Hintergrund des Bürgerdialogs
Silvia Dronsch aus Suhlendorf bei Uelzen hatte Merz bei einem Bürgerdialog Ende April im nahegelegenen Salzwedel in Sachsen-Anhalt eine Frage gestellt. Dabei berichtete sie zunächst mit Blick auf die geplante Gesundheitsreform, dass sie an Hautkrebs im vierten Stadium leide und ihr nun die Vorsorge genommen werde. Damit bezog sie sich auf zunächst kolportierte Pläne zur Abschaffung der kostenlosen Hautkrebsuntersuchung im Rahmen der Reform. Sie fragte den CDU-Politiker daraufhin, warum bei den Bürgern so stark gespart werde, nicht aber bei den Politikern – dabei deutete sie an, dass die Regierung für sich eine Lohnerhöhung plane.
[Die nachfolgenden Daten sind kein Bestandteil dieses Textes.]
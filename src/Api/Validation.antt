-- ===== src/Api/Validation.antt =====
-- What ApiService.validateAssetsAndFetchMetadata of apps/api/src/api.service.ts lets pass.
use mathlib.Core.Bool.{false≢true}
use mathlib.Core.Option.{none-ne-some, some-injective}
use content_publishing_servi.Common.{
  String, Option, none, some, List, [], ◌∷◌, Bool, true, false, not, ◌&&◌, if◌then◌else◌, Paired,
  ◌≡◌, ◌⊎◌, inl, inr, refl, sym, ◌∙◌, ap,
}
use mathlib.Core.Path.{subst}
use content_publishing_servi.Services.Redis.{Redis, Entry, missing, string, hash}
use content_publishing_servi.Services.Codec.{Codec}
use content_publishing_servi.Api.{
  AssetMetadata, CheckItem, AssetIncludedRequest, Checked, valid, bad_request, thrown, get_text,
  add_mime_type, add_error, check_answer, check_metadata, check_item, check_all, checking_list,
  validate_assets_and_fetch_metadata, is_image, get_asset_metadata_key,
}

abbrev map_of : Checked → Option (List (String × String))
map_of (valid map) = some map
map_of (bad_request errors) = none
map_of thrown = none

add_error-map_of : (error : String) (later : Checked) → map_of (add_error error later) ≡ none
unfolding add_error
add_error-map_of error (valid map) = refl
add_error-map_of error (bad_request errors) = refl
add_error-map_of error thrown = refl

add_mime_type-map_of :
    (id mime_type : String) (later : Checked) (map : List (String × String))
    → map_of (add_mime_type id mime_type later) ≡ some map
    → (rest : List (String × String)) × (map_of later ≡ some rest) × ((id, mime_type) ∷ rest ≡ map)
unfolding add_mime_type
add_mime_type-map_of id mime_type (valid rest) map e = (rest, refl, some-injective _ _ e)
add_mime_type-map_of id mime_type (bad_request errors) map e = absurd (none-ne-some map e)
add_mime_type-map_of id mime_type thrown map e = absurd (none-ne-some map e)

if-map_of :
    (b : Bool) (x y : Checked) (map : List (String × String))
    → map_of (if b then x else y) ≡ some map
    → (map_of x ≡ some map) ⊎ ((b ≡ false) × (map_of y ≡ some map))
if-map_of true x y map e = inl e
if-map_of false x y map e = inr (refl, e)

images-only : (only image : Bool) → (only && not image) ≡ false → only ≡ true → image ≡ true
images-only only true h o = refl
images-only true false h o = absurd (false≢true (sym h))
images-only false false h o = absurd (false≢true o)

module _ (metadata_json : Codec AssetMetadata) where
  -- The text holds the metadata that the entry of the map is taken from; where only images are
  -- allowed it is one's.
  abbrev pub Admits : CheckItem → String → String × String → Type 0
  Admits item text (id, mime_type) =
      (metadata : AssetMetadata) × (metadata_json.decode text ≡ some metadata)
      × (id ≡ item.reference_id)
      × (mime_type ≡ metadata.mime_type)
      × (item.only_image ≡ true → is_image metadata.mime_type ≡ true)

  check_metadata-map_of :
      (item : CheckItem) (text : String) (found : Option AssetMetadata) (later : Checked)
      (map : List (String × String))
      → metadata_json.decode text ≡ found
      → map_of (check_metadata metadata_json item found later) ≡ some map
      → (entry : String × String) × (rest : List (String × String)) × Admits item text entry
        × (map_of later ≡ some rest)
        × (entry ∷ rest ≡ map)
  unfolding check_metadata
  check_metadata-map_of item text none later map d e = absurd (none-ne-some map e)
  check_metadata-map_of item text (some metadata) later map d e =
      elim (if-map_of (item.only_image && not (is_image metadata.mime_type)) _ _ map e) [
        | inl h ↦ absurd (none-ne-some map (sym (add_error-map_of _ later) ∙ h))
        | inr (allowed, h) ↦
            let (rest, r, m) =
              add_mime_type-map_of item.reference_id metadata.mime_type later map h in
            (
              (item.reference_id, metadata.mime_type),
              rest,
              (
                metadata,
                d,
                refl,
                refl,
                images-only item.only_image (is_image metadata.mime_type) allowed,
              ),
              r,
              m,
            )
      ]

  module _ (redis : Redis) where
    -- The metadata that are stored for the item
    abbrev pub IsAdmitted : redis.Db → CheckItem → String × String → Type 0
    IsAdmitted db item entry =
        (text : String) × (redis.view db (get_asset_metadata_key item.reference_id) ≡ string text)
        × Admits item text entry

    check_answer-map_of :
        (db : redis.Db) (place : String) (item : CheckItem) (entry : Entry) (later : Checked)
        (map : List (String × String))
        → redis.view db (get_asset_metadata_key item.reference_id) ≡ entry
        → map_of (check_answer metadata_json place item (get_text entry) later) ≡ some map
        → (found : String × String) × (rest : List (String × String)) × IsAdmitted db item found
          × (map_of later ≡ some rest)
          × (found ∷ rest ≡ map)
    unfolding check_answer check_item get_text
    check_answer-map_of db place item (hash fields) later map v e = absurd (none-ne-some map e)
    check_answer-map_of db place item missing later map v e =
        absurd (none-ne-some map (sym (add_error-map_of _ later) ∙ e))
    check_answer-map_of db place item (string text) later map v e =
        let (found, rest, admitted, r, m) =
          check_metadata-map_of item text (metadata_json.decode text) later map refl e in
        (found, rest, (text, v, admitted), r, m)

    check_all-map_of :
        (db : redis.Db) (place : String) (items : List CheckItem) (map : List (String × String))
        → map_of (check_all metadata_json redis db place items) ≡ some map
        → Paired (IsAdmitted db) items map
    unfolding check_all
    check_all-map_of db place [] map e = subst (Paired (IsAdmitted db) []) (some-injective _ _ e) tt
    check_all-map_of db place (item ∷ rest) map e =
        let (found, others, admitted, r, m) =
          check_answer-map_of db place item
            (redis.view db (get_asset_metadata_key item.reference_id))
            (check_all metadata_json redis db place rest) map refl e in
        subst (Paired (IsAdmitted db) (item ∷ rest)) m
          (admitted, check_all-map_of db place rest others r)

    -- A request passes the validation only if there are metadata in the store for every asset that it
    -- names, and if every icon of a profile is an image; the mime types it passes on are, one by one,
    -- those of the metadata.
    pub validate_assets_and_fetch_metadata-Paired :
        (db : redis.Db) (content : AssetIncludedRequest) (map : List (String × String))
        → validate_assets_and_fetch_metadata metadata_json redis db content ≡ valid map
        → Paired (IsAdmitted db) (checking_list content.profile_part content.content_part) map
    unfolding validate_assets_and_fetch_metadata
    validate_assets_and_fetch_metadata-Paired db content map e =
        check_all-map_of db _ (checking_list content.profile_part content.content_part) map
          (ap map_of e)
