-- ===== src/Api/Naming.antt =====
-- The assets that a request names, and what validateAssetsAndFetchMetadata of
-- apps/api/src/api.service.ts makes of them.
use mathlib.Core.List.{Memᴰ}
use mathlib.Core.List.Memᴰ
use mathlib.Core.Path.{subst}
use content_publishing_servi.Common.{
  String, Option, none, some, List, [], ◌∷◌, Bool, true, false, ◌≡◌, inl, inr, refl, sym, ◌∙◌, ap,
  or_else, Paired,
}
use content_publishing_servi.Services.Redis.{Redis}
use content_publishing_servi.Services.Codec.{Codec}
use content_publishing_servi.Requests.Content.{
  AssetReferenceDto, AssetDto, NoteActivityDto, ProfileActivityDto,
}
use content_publishing_servi.Api.{
  AssetMetadata, CheckItem, AssetIncludedRequest, check_items, asset_items, checking_list, valid,
  validate_assets_and_fetch_metadata,
}
use content_publishing_servi.Api.Validation.{IsAdmitted, validate_assets_and_fetch_metadata-Paired}

-- A request names an asset by a reference: a profile in its icons, which are images, and without a
-- profile a note in the references of its assets.
pub data Named (content : AssetIncludedRequest) : Bool → String → Type 0 where
  as_icon :
      (activity : ProfileActivityDto) (icons : List AssetReferenceDto) (r : AssetReferenceDto)
      → content.profile_part ≡ some activity
      → activity.icon ≡ some icons
      → Memᴰ r icons
      → Named content true r.reference_id
  as_asset :
      (note : NoteActivityDto) (assets : List AssetDto) (asset : AssetDto)
      (references : List AssetReferenceDto) (r : AssetReferenceDto)
      → content.profile_part ≡ none
      → content.content_part ≡ some note
      → note.assets ≡ some assets
      → Memᴰ asset assets
      → asset.references ≡ some references
      → Memᴰ r references
      → Named content false r.reference_id

abbrev item_of : Bool → String → CheckItem
item_of only_image id = record { only_image = only_image; reference_id = id }

module _ {A B : Type 0} (R : A → B → Type 0) where
  Paired-of_left :
      (xs : List A) (ys : List B) (x : A) → Paired R xs ys → Memᴰ x xs → (y : B) × Memᴰ y ys × R x y
  Paired-of_left [] ys x p m = absurd (Memᴰ.not-nil m)
  Paired-of_left (a ∷ xs) [] x p m = absurd p
  Paired-of_left (a ∷ xs) (b ∷ ys) x (r, rest) (Memᴰ.head e) =
      (b, Memᴰ.head refl, subst (λ c. R c b) (sym e) r)
  Paired-of_left (a ∷ xs) (b ∷ ys) x (r, rest) (Memᴰ.tail m) =
      let (y, my, ry) = Paired-of_left xs ys x rest m in (y, Memᴰ.tail my, ry)

  Paired-of_right :
      (xs : List A) (ys : List B) (y : B) → Paired R xs ys → Memᴰ y ys → (x : A) × Memᴰ x xs × R x y
  Paired-of_right [] [] y p m = absurd (Memᴰ.not-nil m)
  Paired-of_right [] (b ∷ ys) y p m = absurd p
  Paired-of_right (a ∷ xs) [] y p m = absurd p
  Paired-of_right (a ∷ xs) (b ∷ ys) y (r, rest) (Memᴰ.head e) =
      (a, Memᴰ.head refl, subst (R a) (sym e) r)
  Paired-of_right (a ∷ xs) (b ∷ ys) y (r, rest) (Memᴰ.tail m) =
      let (x, mx, rx) = Paired-of_right xs ys y rest m in (x, Memᴰ.tail mx, rx)

check_items-has :
    (only_image : Bool) (references : List AssetReferenceDto) (r : AssetReferenceDto)
    → Memᴰ r references
    → Memᴰ (item_of only_image r.reference_id) (check_items only_image references)
unfolding check_items
check_items-has only_image [] r m = absurd (Memᴰ.not-nil m)
check_items-has only_image (a ∷ rest) r (Memᴰ.head e) =
    Memᴰ.head (ap (λ x. item_of only_image x.reference_id) e)
check_items-has only_image (a ∷ rest) r (Memᴰ.tail m) =
    Memᴰ.tail (check_items-has only_image rest r m)

check_items-only :
    (only_image : Bool) (references : List AssetReferenceDto) (item : CheckItem)
    → Memᴰ item (check_items only_image references)
    → (r : AssetReferenceDto) × Memᴰ r references × (item_of only_image r.reference_id ≡ item)
unfolding check_items
check_items-only only_image [] item m = absurd (Memᴰ.not-nil m)
check_items-only only_image (a ∷ rest) item (Memᴰ.head e) = (a, Memᴰ.head refl, sym e)
check_items-only only_image (a ∷ rest) item (Memᴰ.tail m) =
    let (r, mr, e) = check_items-only only_image rest item m in (r, Memᴰ.tail mr, e)

asset_items-has :
    (assets : List AssetDto) (asset : AssetDto) (references : List AssetReferenceDto)
    (r : AssetReferenceDto)
    → Memᴰ asset assets
    → asset.references ≡ some references
    → Memᴰ r references
    → Memᴰ (item_of false r.reference_id) (asset_items assets)
unfolding asset_items
asset_items-has [] asset references r m e among = absurd (Memᴰ.not-nil m)
asset_items-has (a ∷ rest) asset references r (Memᴰ.head same) e m =
    Memᴰ.append_left (asset_items rest) (
      check_items-has false (or_else a.references []) r (
        subst (λ (o : Option (List AssetReferenceDto)). Memᴰ r (or_else o []))
          (sym e ∙ ap (λ x. x.references) same) m))
asset_items-has (a ∷ rest) asset references r (Memᴰ.tail later) e m =
    Memᴰ.append_right (check_items false (or_else a.references []))
      (asset_items-has rest asset references r later e m)

-- A member of an optional list is one of the list.
or_else-only :
    {A : Type 0} (o : Option (List A)) (x : A)
    → Memᴰ x (or_else o [])
    → (xs : List A) × (o ≡ some xs) × Memᴰ x xs
or_else-only none x m = absurd (Memᴰ.not-nil m)
or_else-only (some xs) x m = (xs, refl, m)

asset_items-only :
    (assets : List AssetDto) (item : CheckItem)
    → Memᴰ item (asset_items assets)
    → (asset : AssetDto) × Memᴰ asset assets
      × ((references : List AssetReferenceDto) × (asset.references ≡ some references)
          × ((r : AssetReferenceDto) × Memᴰ r references × (item_of false r.reference_id ≡ item)))
unfolding asset_items
asset_items-only [] item m = absurd (Memᴰ.not-nil m)
asset_items-only (a ∷ rest) item m =
    elim (Memᴰ.append_cases (check_items false (or_else a.references [])) m) [
      | inl here ↦
          let (r, mr, e) = check_items-only false (or_else a.references []) item here in
          let (references, given, among) = or_else-only a.references r mr in
          (a, Memᴰ.head refl, (references, given, (r, among, e)))
      | inr later ↦
          let (asset, ma, found) = asset_items-only rest item later in (asset, Memᴰ.tail ma, found)
    ]

checking_list-has :
    (content : AssetIncludedRequest) (only_image : Bool) (id : String)
    → Named content only_image id
    → Memᴰ (item_of only_image id) (checking_list content.profile_part content.content_part)
unfolding checking_list
checking_list-has content _ _ (as_icon activity icons r p i m) =
    rw (p, i, checking_list) (check_items-has true icons r m)
checking_list-has content _ _ (as_asset note assets asset references r p n a ma e m) =
    rw (p, n, a, checking_list) (asset_items-has assets asset references r ma e m)

checking_list-only :
    (content : AssetIncludedRequest) (p : Option ProfileActivityDto) (n : Option NoteActivityDto)
    (item : CheckItem)
    → content.profile_part ≡ p
    → content.content_part ≡ n
    → Memᴰ item (checking_list p n)
    → Named content item.only_image item.reference_id
unfolding checking_list
checking_list-only content (some activity) n item ep en m =
    let (r, mr, e) = check_items-only true (or_else activity.icon []) item m in
    let (icons, given, among) = or_else-only activity.icon r mr in
    subst (λ (i : CheckItem). Named content i.only_image i.reference_id) e
      (as_icon activity icons r ep given among)
checking_list-only content none (some note) item ep en m =
    let (asset, ma, (references, er, (r, mr, e))) =
      asset_items-only (or_else note.assets []) item m in
    let (assets, given, among) = or_else-only note.assets asset ma in
    subst (λ (i : CheckItem). Named content i.only_image i.reference_id) e
      (as_asset note assets asset references r ep en given among er mr)
checking_list-only content none none item ep en m = absurd (Memᴰ.not-nil m)

module _ (metadata_json : Codec AssetMetadata) (redis : Redis) where
  -- There are metadata in the store for each asset that the request names, those of an image where
  -- it is an icon, with an entry of the map for it; and each entry is that of an asset it names.
  pub record IsChecked (db : redis.Db) (content : AssetIncludedRequest)
      (map : List (String × String)) : Type 0 where
    pub complete :
        (only_image : Bool) (id : String)
        → Named content only_image id
        → (entry : String × String) × Memᴰ entry map
          × IsAdmitted metadata_json redis db (item_of only_image id) entry
    pub sound :
        (entry : String × String)
        → Memᴰ entry map
        → (only_image : Bool) × ((id : String) × Named content only_image id
            × IsAdmitted metadata_json redis db (item_of only_image id) entry)

  -- A request passes the validation only if there are metadata in the store for every icon of its
  -- profile, and those of an image, or, where it has no profile, for every reference of every asset
  -- of its note; the map that is passed on has an entry for each of them with the mime type of its
  -- metadata, and no other entries.
  pub validate_assets_and_fetch_metadata-IsChecked :
      (db : redis.Db) (content : AssetIncludedRequest) (map : List (String × String))
      → validate_assets_and_fetch_metadata metadata_json redis db content ≡ valid map
      → IsChecked db content map
  validate_assets_and_fetch_metadata-IsChecked db content map e =
      let paired = validate_assets_and_fetch_metadata-Paired metadata_json redis db content map e in
      record {
        complete = λ only_image id named.
            Paired-of_left (IsAdmitted metadata_json redis db) _ map (item_of only_image id) paired
              (checking_list-has content only_image id named);
        sound = λ entry m.
            let (item, among, admitted) =
              Paired-of_right (IsAdmitted metadata_json redis db) _ map entry paired m in
            (
              item.only_image,
              (
                item.reference_id,
                checking_list-only content content.profile_part content.content_part item refl refl
                    among,
                admitted,
              ),
            );
      }
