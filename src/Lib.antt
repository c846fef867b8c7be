-- ===== src/Lib.antt =====
-- Deckard, a cyclic priority queue: a model of its request handlers, its queue and its housekeeper, of the in-memory cache and
-- storage and the Redis cache that they call, and of the parts that these use (internal/service, internal/queue, internal/audit, internal/dtime).
--
-- A message stands once in the storage (internal/queue/storage), with all its data, and once in the cache
-- (internal/queue/cache), where it moves between the pools of its queue: primary, processing, locked after
-- a success, locked after a failure. The queue (internal/queue/queue.go) calls both, and the service calls the queue.
--
-- Files, and what they are about:
--   Common, Common/*    shared notation: Boolean tests, lists, Go's maps and int64 values
--   Outcome             errors and panics as values
--   Dtime               internal/dtime/deckard_time.go
--   Score               internal/queue/score/score.go
--   Message             internal/queue/message/*.go, internal/queue/pool/pool.go
--   Strconv             the decimal texts that internal/queue/utils/primitive_conversion.go reads
--   Entries             the linked lists of internal/queue/cache/memory_cache.go: insertEntry, removeEntry
--   MemoryCache         its state and operations; Pull, Release and Insert hold PullMessages, UnlockMessages
--                       with TimeoutMessages, and Insert; the other children hold proofs: Moves and Unlocking what
--                       goes from pool to pool, and Steps the state machine of all calls
--   Storage             internal/queue/storage/storage.go, internal/queue/configuration
--   MemoryStorage       internal/queue/storage/memory_storage.go: the writes, and in Query the reads; Wanted says
--                       apart from the code what a search asks for
--   Interfaces          the interfaces of internal/queue/cache/cache.go and internal/queue/storage/storage.go
--   Queue               internal/queue/queue.go over any cache and storage; Pull holds Pull, Memory the memory cache
--                       and storage as instances; the other children hold proofs
--   Housekeeper         internal/queue/queue_housekeeper.go; Recovery, Expiry and Exceeding hold its jobs on all
--                       messages
--   Redis               the commands of a Redis server, as an interface with its laws
--   RedisCache          internal/queue/cache/redis_cache.go; Keys holds its keys, Lists ListQueues and Flush, Scripts
--                       internal/queue/cache/redis_cache_scripts.go; Calls the cache as the queue calls
--                       it; the other children hold proofs, and Steps its state machine
--   ConfigurationService internal/queue/queue_configuration_service.go; Coherence holds proofs
--   Service             internal/service/deckard_service.go: the simple requests; Adding, Pulling and Releasing hold Add, Pull with
--                       GetById, and Ack with Nack; the other children hold proofs
--   Audit               internal/audit/audit.go: the channel of entries and its sender; Sending holds proofs
--   Tests               runs, and the theorems at concrete inputs
--
-- Operations are named as in the source, in snake case: MemoryCache.make_available is
-- (*MemoryCache).MakeAvailable. A method is a function from the state and its arguments to the new state
-- and its result. Each method of the cache holds the cache's mutex throughout, so that calls are steps.
--
-- Strings are lists of bytes. A Go map is an association list, and a loop over it runs in the order of
-- the list; the theorems hold for every list, so for every order. A time is an integer of nanoseconds since
-- the Unix epoch, and every reading of the clock is an argument; a search reads it
-- twice for each document. Sums of int64 values wrap. A float64 is
-- an integer of units of 2^-1074, which every finite one is; NaN and the infinities are left out, and the
-- sum of two floats is an argument of the one operation that needs it. An element that is removed from a
-- `container/list` list while a loop stands on it has no next element, so the loop ends there.
--
-- No loop needs fuel but the two of Strconv and Score that work on the digits and the size of one number;
-- the fuel there is the number itself, and eleven doublings, which take 2^53 to the bound of int64; and the
-- cutting of a list in parts for Redis, where it is the length of the list.
--
-- A script that fails in Redis keeps what it wrote: Lua's `unpack` fails for 8000 values or more, and the theorems on the Redis cache
-- are about pulls of fewer. Its other calls ask for at most 1000 elements or send at most 4000. The client may run a script
-- again after a lost reply, any number of times, with no other client's script in between.
--
-- What is not under this repository is a parameter: a Redis server with its client (Redis) and the go-cache library (LocalCache in
-- ConfigurationService) are records of operations with a record of laws, which a concrete one in Tests meets; the glob library's
-- match is an argument of list_queues, sort.Slice one of Pull, AddDate one of Add, the difference of two floats one of Ack, and
-- the order in which a map of groups is read one of the calls that read it.
--
-- Not modelled: the cluster mode, the connection and the Close of the Redis cache, the MongoDB storage, the metrics job of
-- the housekeeper, the server's setup and TLS, the requests of the auditor to Elasticsearch, metrics, configuration, logging, tracing and process
-- start. Stored messages are values, though the source shares them with the caller by pointer. Calls are steps: two
-- requests at once are some order of their calls of the cache and the storage.
pub mod Common
pub mod Outcome
pub mod Dtime
pub mod Score
pub mod Message
pub mod Entries
pub mod MemoryCache
pub mod Strconv
pub mod Storage
pub mod MemoryStorage
pub mod Interfaces
pub mod Queue
pub mod Housekeeper
pub mod Redis
pub mod RedisCache
pub mod ConfigurationService
pub mod Service
pub mod Audit
mod Tests
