-- ===== src/Outcome.antt =====
-- What a Go function returns beside its value: an error, made by `errors.New` or `fmt.Errorf` in
-- internal/queue, or a run-time panic.
use deckard.Common.{◌≡◌, refl, ◌⊎◌, inl, inr}

pub data Error : Type 0 where
  invalid_message_queue invalid_queue_to_lock invalid_lock_seconds : Error
  invalid_queue_to_insert : Error
  message_invalid_queue message_invalid_id : Error
  breakpoint_not_int64 : Error
  internal_error_counting : Error
  unavailable : Error
  inserting_cache_data getting_storage_data : Error → Error
  queue_name_contains_hash_tag invalid_lock_time invalid_queue_to_insert_data : Error
  redis_error too_many_results : Error
  removing_cache_elements making_available locking_cache_element parsing_result : Error → Error
  inserting_cache checking_processing getting_cache_element setting_cache_element : Error → Error
  listing_cache_queues : Error → Error
  status_internal status_invalid_argument invalid_client_auth : Error

pub data Result {ℓ} (A : Type ℓ) : Type ℓ where
  ok : A → Result A
  err : Error → Result A
  panic : Result A

pub Result-cases {ℓ} :
    {A : Type ℓ} (r : Result A) → ((a : A) × (r ≡ ok a)) ⊎ ((e : Error) × (r ≡ err e)) ⊎ (r ≡ panic)
Result-cases (ok a) = inl (a, refl)
Result-cases (err e) = inr (inl (e, refl))
Result-cases panic = inr (inr refl)
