-- ===== src/Dtime.antt =====
-- internal/dtime/deckard_time.go. A `time.Time` is its nanoseconds since the Unix epoch (`UnixNano`),
-- without the bounds of int64; the monotonic reading is not modelled.
pub mod Laws
use deckard.Common.{ℕ, ◌+◌, ◌*◌, List, [], ◌∷◌}
use deckard.Common.Int.{ℤ, ◌+ℤ◌, ◌-ℤ◌, quot, rem, floor_div, scale}
use deckard.Outcome.{Result, ok, panic}

abbrev pub Time : Type 0
Time = ℤ

-- What a loop reads of the clock: two readings in each round.
abbrev pub Readings : Type 0
Readings = ℕ → Time × Time

abbrev pub millis_per_second : ℕ
millis_per_second = 1000

abbrev pub nanos_per_millisecond : ℕ
nanos_per_millisecond = 1000000

unfoldable pub time_to_ms : Time → ℤ
unfolding quot
time_to_ms t = quot t nanos_per_millisecond

-- `time.Unix(sec, nsec)`.
unfoldable pub time_unix : ℤ → ℤ → Time
unfolding scale ◌+ℤ◌
time_unix sec nsec = scale sec 1000000000 +ℤ nsec

unfoldable pub ms_to_time : ℤ → Time
unfolding quot rem scale time_unix
ms_to_time ms =
    time_unix (quot ms millis_per_second) (scale (rem ms millis_per_second) nanos_per_millisecond)

unfoldable pub ms_precision : Time → Time
unfolding ms_to_time time_to_ms
ms_precision t = ms_to_time (time_to_ms t)

-- `t.Unix()`: whole seconds, rounded down.
unfoldable pub unix : Time → ℤ
unfolding floor_div
unix t = floor_div t 1000000000

-- The milliseconds since `since`, at the clock reading `now`.
unfoldable pub elapsed_time : Time → Time → ℤ
unfolding quot ◌-ℤ◌
elapsed_time now since = quot (now -ℤ since) nanos_per_millisecond

-- `nowProvider` and `internalTimeMocking`.
pub data NowProvider : Type 0 where
  system : NowProvider
  mocked : List Time → NowProvider

unfoldable pub reset_now_provider : NowProvider
reset_now_provider = system

unfoldable pub set_now_provider_values : List Time → NowProvider
set_now_provider_values value = mocked value

-- A call of the provider, where `clock` is what `time.Now()` returns: the provider after it, and
-- the time.
unfoldable pub provide : NowProvider → Time → NowProvider × Result Time
provide system clock = (system, ok clock)
provide (mocked []) clock = (mocked [], panic)
provide (mocked (t ∷ [])) clock = (mocked (t ∷ []), ok t)
provide (mocked (t ∷ u ∷ ts)) clock = (mocked (u ∷ ts), ok t)

-- The results of as many calls as there are clock readings.
unfoldable pub provide_all : NowProvider → List Time → List (Result Time)
unfolding provide
provide_all p [] = []
provide_all p (c ∷ cs) = (provide p c).1 ∷ provide_all (provide p c).0 cs
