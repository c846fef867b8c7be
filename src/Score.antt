-- ===== src/Score.antt =====
-- internal/queue/score/score.go. A finite float64 is a multiple of 2^-1074, and a score is the number of
-- these units, so that comparisons are exact. NaN and the infinities are not modelled.
pub mod Laws
use deckard.Common.{
  false, ℕ, zero, suc, ◌+◌, ◌-◌, ◌*◌, ◌/◌, ◌%◌, ◌^◌, ◌≤◌, ◌<◌, ◌≡◌, Bool, Option, none, some, ltb,
  leb, ◌==◌, if◌then◌else◌, ◌||◌, ◌&&◌,
}
use deckard.Common.Int.{ℤ, pos, negsuc, ltb_ℤ, leb_ℤ, eqb_ℤ, sub_ℕ}
use deckard.Dtime.{Time, time_to_ms}

abbrev pub Score : Type 0
Score = ℤ

-- The units of the score 1.
unfoldable pub unit : ℕ
unit = 2 ^ 1074

-- n rounded to a multiple of q, a tie to the even one.
unfoldable pub round_even : ℕ → ℕ → ℕ
round_even n q =
    let d = n / q in
    let r = n % q in if ltb (2 * r) q || 2 * r == q && d % 2 == 0 then d * q else (d + 1) * q

-- The spacing of floats at n: the least power of two, from q on, of which n has fewer than 2^53.
unfoldable pub spacing : ℕ → ℕ → ℕ → ℕ
spacing zero n q = q
spacing (suc f) n q = let wider = spacing f n (q * 2) in if ltb (n / q) (2 ^ 53) then q else wider

unfoldable pub round53 : ℕ → ℕ
unfolding round_even spacing
round53 n = round_even n (spacing 11 n 1)

-- `float64(v)` of an int64.
unfoldable pub of_int64 : ℤ → Score
unfolding round53
of_int64 (pos n) = pos (round53 n * unit)
of_int64 (negsuc n) = sub_ℕ 0 (round53 (n + 1) * unit)

unfoldable pub max_score : Score
max_score = pos (9007199254740992 * unit)

abbrev pub min_score : Score
min_score = pos 0

-- -1
unfoldable pub undefined_score : Score
undefined_score = sub_ℕ 0 unit

unfoldable pub get_pull_max_score : Score → Option Score
get_pull_max_score score =
    if eqb_ℤ score (pos 0)
    then none
    else if ltb_ℤ max_score score
    then some max_score
    else if ltb_ℤ score min_score
    then some min_score
    else some score

unfoldable pub get_pull_min_score : Score → Option Score
get_pull_min_score score =
    if eqb_ℤ score (pos 0)
    then none
    else if ltb_ℤ max_score score
    then some max_score
    else if leb_ℤ score min_score
    then some min_score
    else some score

-- At the clock reading `now`.
unfoldable pub get_score_by_default_algorithm : Time → Score
get_score_by_default_algorithm now = of_int64 (time_to_ms now)

unfoldable pub get_score_from_time : Time → Score
get_score_from_time time = of_int64 (time_to_ms time)

unfoldable pub get_add_score : Time → Score → Score
unfolding get_score_by_default_algorithm
get_add_score now score =
    if eqb_ℤ score (pos 0)
    then get_score_by_default_algorithm now
    else if ltb_ℤ score min_score
    then min_score
    else if ltb_ℤ max_score score
    then max_score
    else score

unfoldable pub is_undefined : Score → Bool
is_undefined score = eqb_ℤ score undefined_score

-- `minScore != nil && s < *minScore || maxScore != nil && s > *maxScore`
unfoldable pub out_of_range : Option Score → Option Score → Score → Bool
out_of_range none none s = false
out_of_range (some lo) none s = ltb_ℤ s lo
out_of_range none (some hi) s = ltb_ℤ hi s
out_of_range (some lo) (some hi) s = ltb_ℤ s lo || ltb_ℤ hi s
Schroffe Reaktion von Merz
Merz entgegnete scharf, dass weder er noch jemand anderes erwogen habe, die Bezüge der Mitglieder der Bundesregierung anzuheben. „Alles andere ist eine falsche Behauptung. Und ich wäre Ihnen einfach dankbar, wenn Sie das nicht einfach ungeprüft wiederholen.“ Mit Blick auf die Gesundheitsreform führte er dann aus, wie die Einsparungen aufgeteilt werden sollten: „Ein Drittel die Versicherten, ein Drittel die Leistungserbringer und ein Drittel alle Übrigen. Das heißt, das ist eine Reform, zu der jeder einen Beitrag leisten muss.“
Reaktion der Patientin und Folgen
Wie die „Allgemeine Zeitung“ berichtete, wollte Dronsch aber eine Entschuldigung von Merz hören. Telefonisch erreichte sie demnach letztlich einen Verantwortlichen im Büro des Kanzlers. Im Anschluss sei dann das Schreiben verschickt worden, berichtete die Zeitung: Der Brief habe eine Autogrammkarte des Kanzlers mit persönlicher Widmung enthalten, mit der er ihr „alles Gute“ gewünscht habe. Ein Mitarbeiter habe ihr zudem in einem Begleitschreiben „Zuversicht“ und „Kraft“ gewünscht. Die Angelegenheit zeigt, wie ein öffentlicher Austausch zwischen Bürger und Kanzler persönliche Folgen haben kann.